Утром я сел в поезд до Курска. Было еще так рано, что уже спустя полчаса я задремал. Я спал глубоко, и всякий раз, как я просыпался, невольно задумывался о направлении, в котором едет вагон. Как только я понимал, что поезд идет в Курск, тот тут же успокаивался – это было лучше, чем, если бы я ехал в Москву. Не знаю почему, но лучше. Я уезжал из города, где меня постоянно ждали какие-то проблемы, в город, где у меня не было никаких обязательств. Я не успел даже соскучиться по Вере за эту неделю.
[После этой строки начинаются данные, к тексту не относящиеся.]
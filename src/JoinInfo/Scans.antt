-- ===== src/JoinInfo/Scans.antt =====
-- floem/join_handling.py, the first loop of `annotate_join_info`: it finds the join instances.
use floem.Prelude.{
  String, not, ◌&&◌, none, some, List, [], ◌∷◌, ◌++◌, String_equality, ×_equality, if◌then◌else◌,
  Result, ok, err, ◌>>=◌, ◌>>◌, Dict, get, put, has, contains, length, filter, ltb, nat_eq,
}
use floem.Topo.{TopoError}
use floem.Graph.{GraphError, value_error, assertion, Port, Node, Graph, lookup}
use floem.Graph.Build.{check, option_text_eq}
use floem.Graph.Connect.{set_instance}
use floem.Joins.{JoinError}
use floem.Program.{is_plain}

pub data InfoError : Type 0 where
  join : JoinError → InfoError
  graph : GraphError → InfoError
  topo : TopoError → InfoError

unfoldable pub of_graph : {A : Type 0} → Result GraphError A → Result InfoError A
of_graph (ok a) = ok a
of_graph (err e) = err (graph e)

unfoldable pub of_join : {A : Type 0} → Result JoinError A → Result InfoError A
of_join (ok a) = ok a
of_join (err e) = err (join e)

unfoldable pub of_topo : {A : Type 0} → Result TopoError A → Result InfoError A
of_topo (ok a) = ok a
of_topo (err e) = err (topo e)

-- `nodes_same_thread`, `ports_same_thread` and `save`
pub record Scan : Type 0 where
  pub nodes : List (String × String)
  pub ports : List Port
  pub save : Dict (List String)

abbrev pub no_scan : Scan
no_scan = record { nodes = []; ports = []; save = [] }

unfoldable pub save_each : Dict (List String) → List (String × String) → Dict (List String)
save_each save [] = save
save_each save ((prev, port) ∷ l) =
    save_each
      (elim (get save prev) [
        | some k ↦ put save prev (k ++ port ∷ [])
        | none ↦ put save prev (port ∷ [])
      ])
      l

unfoldable pub first_of : List (String × String) → Result GraphError (String × String)
first_of [] = err value_error
first_of (x ∷ l) = ok x

-- A connected port: its first connection is tested, and all are saved.
unfoldable pub scan_connected :
    Graph → Node → Scan → Port → List (String × String) → Result GraphError Scan
unfolding first_of save_each
scan_connected g i s port l = do
  x ← first_of l
  prev ← lookup g.instances x.0
  let new = record s {
    nodes = s.nodes ++ x ∷ [];
    ports = s.ports ++ port ∷ [];
    save = save_each s.save l;
  }
  let old = record s { save = save_each s.save l }
  ok (if option_text_eq prev.thread i.thread && not (contains x s.nodes) then new else old)

unfoldable pub scan_port : Graph → Node → Scan → Port → Result GraphError Scan
unfolding scan_connected
scan_port g i s port = elim (get i.input2ele port.name) [
  | none ↦ ok (record s { ports = s.ports ++ port ∷ [] })
  | some l ↦ scan_connected g i s port l
]

unfoldable pub scan_ports : Graph → Node → Scan → List Port → Result GraphError Scan
unfolding scan_port
scan_ports g i s [] = ok s
scan_ports g i s (p ∷ l) = do t ← scan_port g i s p; scan_ports g i t l

-- `connect`, the number of connected input ports
unfoldable pub connected_ports : Node → List Port
connected_ports i = filter (λ p. has i.input2ele p.name) i.element.inports

-- The state of the pass: the graph, and `join_output2save` of its instances.
pub record Info : Type 0 where
  pub graph : Graph
  pub output2save : Dict (Dict String)

unfoldable pub entry : Dict (Dict String) → String → Dict String
entry d n = elim (get d n) [ none ↦ [] | some x ↦ x ]

unfoldable pub save_outputs :
    Dict (Dict String) → String → String → List String → Dict (Dict String)
unfolding entry
save_outputs d node name [] = d
save_outputs d node name (p ∷ l) = save_outputs (put d node (put (entry d node) p name)) node name l

-- The loop over `save`; its instances are there, since each has been looked up or is a source.
unfoldable pub save_all : Info → String → Dict (List String) → Result GraphError Info
unfolding save_outputs
save_all r name [] = ok r
save_all r name ((node, l) ∷ d) = do
  i ← lookup r.graph.instances node
  save_all (record r { output2save = save_outputs r.output2save node name l }) name d

-- The body of the first loop of `annotate_join_info`.
unfoldable pub find_join : Info → String → Node → Result GraphError Info
unfolding scan_ports connected_ports save_all is_plain
find_join r k i = do
  s ← scan_ports r.graph i no_scan i.element.inports
  let n = length (connected_ports i)
  let marked = (do
    check (nat_eq n (length i.element.inports)) assertion
    save_all
        (record r {
          graph = set_instance r.graph k (record i { join_ports_same_thread = some s.ports });
        })
        i.name s.save)
  if (ltb 1 (length s.ports) && is_plain i.element.special) && ltb 0 n then marked else ok r

unfoldable pub find_joins : Info → Dict Node → Result GraphError Info
unfolding find_join
find_joins r [] = ok r
find_joins r ((k, i) ∷ d) = do t ← find_join r k i; find_joins t d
– Да ты и не можешь ни по кому соскучиться – смеялась она, когда я переступил порог ее квартиры, – тебе просто спокойно у меня, я забочусь о тебе и ничем не досаждаю. Вспомни, как незаметно у нас с тобой прошла эта зима. Нам просто Господь дает это время спокойствия, мы вместе, мы счастливы, и нам этого довольно. Мне всегда хорошо, если ты рядом, может ты от этого спокойствия и устаешь иногда, тебе хочется действия, ну вот, эти действия и настали – приехала твоя дочь, и тебе пришлось заниматься ее проблемами. Ты ничего не ел, потерял в весе, измотался эмоционально, но зато переключился, как того и хотел.